MICI

Interactions métaboliques-génomiques pour une médecine personnalisée et l’innovation thérapeutique dans les maladies inflammatoires chroniques de l'intestin (MICI)

La nutrition et le microbiote en tant que déclencheurs environnementaux, le métabolisme, l’épigénome et l’immunité innée en tant que modulateurs de la réactivité cellulaire et de l’inflammation et le stress cellulaire en tant que mécanismes dommageables font tous partie du scénario à l’origine des conséquences liées aux maladies inflammatoires chroniques de l’intestin (MICI).

Nous étudions l’interaction entre le stress nutritionnel, le métabolisme, l’épigénome et les causes cellulaires sur les manifestations des MICI chez des modèles animaux et des cohortes. L’objectif final est d’améliorer la qualité des soins prodigués aux patients atteints de MICI grâce à l’identification de nouveaux facteurs prédictifs et à l’innovation thérapeutique grâce à un réseau de partenariats au sein de la FHU ARRIMAGE (Fédération Hospitalo-Universitaire ARticular Remodeling/Inflammation/Immunomodulation/Metabolism in diseased AGEing).

Shéma présentant les MICI (IBD)
Shéma présentant les MICI (IBD)

Les 2 axes du projet MICI

  1. Interactions entre épigénome-stress cellulaire-immunité innée dans les manifestations des MICI

Cet axe vise à déchiffrer le stress cellulaire et le métabolisme de l’ARN dans notre modèle expérimental de MICI chez des rats MDD (Methyl-Deficient Diet) soumis au DSS (Dextran Sodium Sulphate). Nous étudions l’expression et la délocalisation sous-cellulaire de HuR, avec des conséquences sur les navettes nucléo-cytoplasmiques de l’ARN et sur l’adaptation au stress du réticulum endoplasmique par l’influence sur l’expression de SIRT1.

Nous étudions le rôle complémentaire de l’ARN: pseudouridine-synthase hPUS10 et explorons les rôles en interaction de ERAP1 et de SIRT1 en tant que modulateurs du stress du réticulum endoplasmique chez les MICI. Nous étudions les mécanismes contribuant à l’inflammation pathologique dans l’axe intestin-articulaire, y compris le microbiome intestinal (bactéries, virus et champignons), en utilisant une approche multimodale de la souris à l’humain et grâce à un effort de collaboration régional dans la région du Grand Est.

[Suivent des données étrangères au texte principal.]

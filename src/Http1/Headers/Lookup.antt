-- ===== src/Http1/Headers/Lookup.antt =====
-- What `get` reads after `set` and `remove`, and the dictionary that `to_dict` builds.
use decrypt0r_x.Prelude.{
  ◌≡◌, refl, Bool, not, List, [], ◌∷◌, ◌++◌, none, some, if◌then◌else◌, select, arith,
}
use decrypt0r_x.Text.{Text, text_eq, lower}
use decrypt0r_x.Text.Laws.{text_eq_iff}
use decrypt0r_x.Http1.Headers.{Headers, named, first_value, get, remove, set}

abbrev others : Text → Text × Text → Bool
others lowered item = not (named lowered item)

first_value-others :
    (name other : Text) (items : List (Text × Text))
    → first_value other (select (others name) items)
      ≡ (if text_eq name other then none else first_value other items)
first_value-others name other [] = ground arith
first_value-others name other ((key, value) ∷ items) = ground (
  arith,
  first_value-others name other items,
  text_eq_iff (lower key) name,
  text_eq_iff (lower key) other,
  text_eq_iff name other,
)

first_value-append :
    (name : Text) (items more : List (Text × Text))
    → first_value name (items ++ more)
      ≡ elim (first_value name items) [ none ↦ first_value name more | some v ↦ some v ]
first_value-append name [] more = refl
first_value-append name ((key, value) ∷ items) more =
    ground (arith, first_value-append name items more)

-- After `remove(name)`, `get` finds nothing under `name` in any casing, and finds under every other
-- name what it found before.
pub get-remove :
    (h : Headers) (name other : Text)
    → get (remove h name) other ≡ (if text_eq (lower name) (lower other) then none else get h other)
unfolding get remove
get-remove h name other = first_value-others (lower name) (lower other) h.items

-- After `set(name, value)`, `get` returns `value` under `name` in any casing, whatever duplicates
-- there were, and under every other name what it returned before.
pub get-set :
    (h : Headers) (name value other : Text)
    → get (set h name value) other
      ≡ (if text_eq (lower name) (lower other) then some value else get h other)
unfolding get set
get-set h name value other = ground (
  arith,
  first_value-append (lower other) (select (others (lower name)) h.items) ((name, value) ∷ []),
  first_value-others (lower name) (lower other) h.items,
)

  1. Biomarqueurs en médecine stratifiée des MICI

Nous identifions de nouveaux facteurs prédictifs de complications de la maladie, ainsi que l’efficacité et la sécurité des produits biologiques, via une analyse approfondie des marqueurs associée à une approche omique pour la mise au point de thérapies personnalisées. Nous utilisons nos cohortes et bio-banques prospectives et bien caractérisées de MICI, régionale (cohorte MICI de Nancy et projet TARGET), et existantes, nationales (GETAID, etc.) et européennes (ICARE, etc.). Cet axe examine les biomarqueurs identifiés à partir d’analyses intégrées d’études omiques du méthylome et du transcriptome dans des PBMC (Peripheral Blood Mononuclear Cells) de patients atteints de MICI.

En collaboration avec Enterome, un partenaire privé, nous cherchons à identifier de nouveaux marqueurs capables de prédire la cicatrisation des muqueuses. Tous les marqueurs sériques, génétiques et fécaux identifiés avec la plus grande valeur prédictive seront évalués comme candidats à l’inclusion dans le projet d’indexation MUCOSA.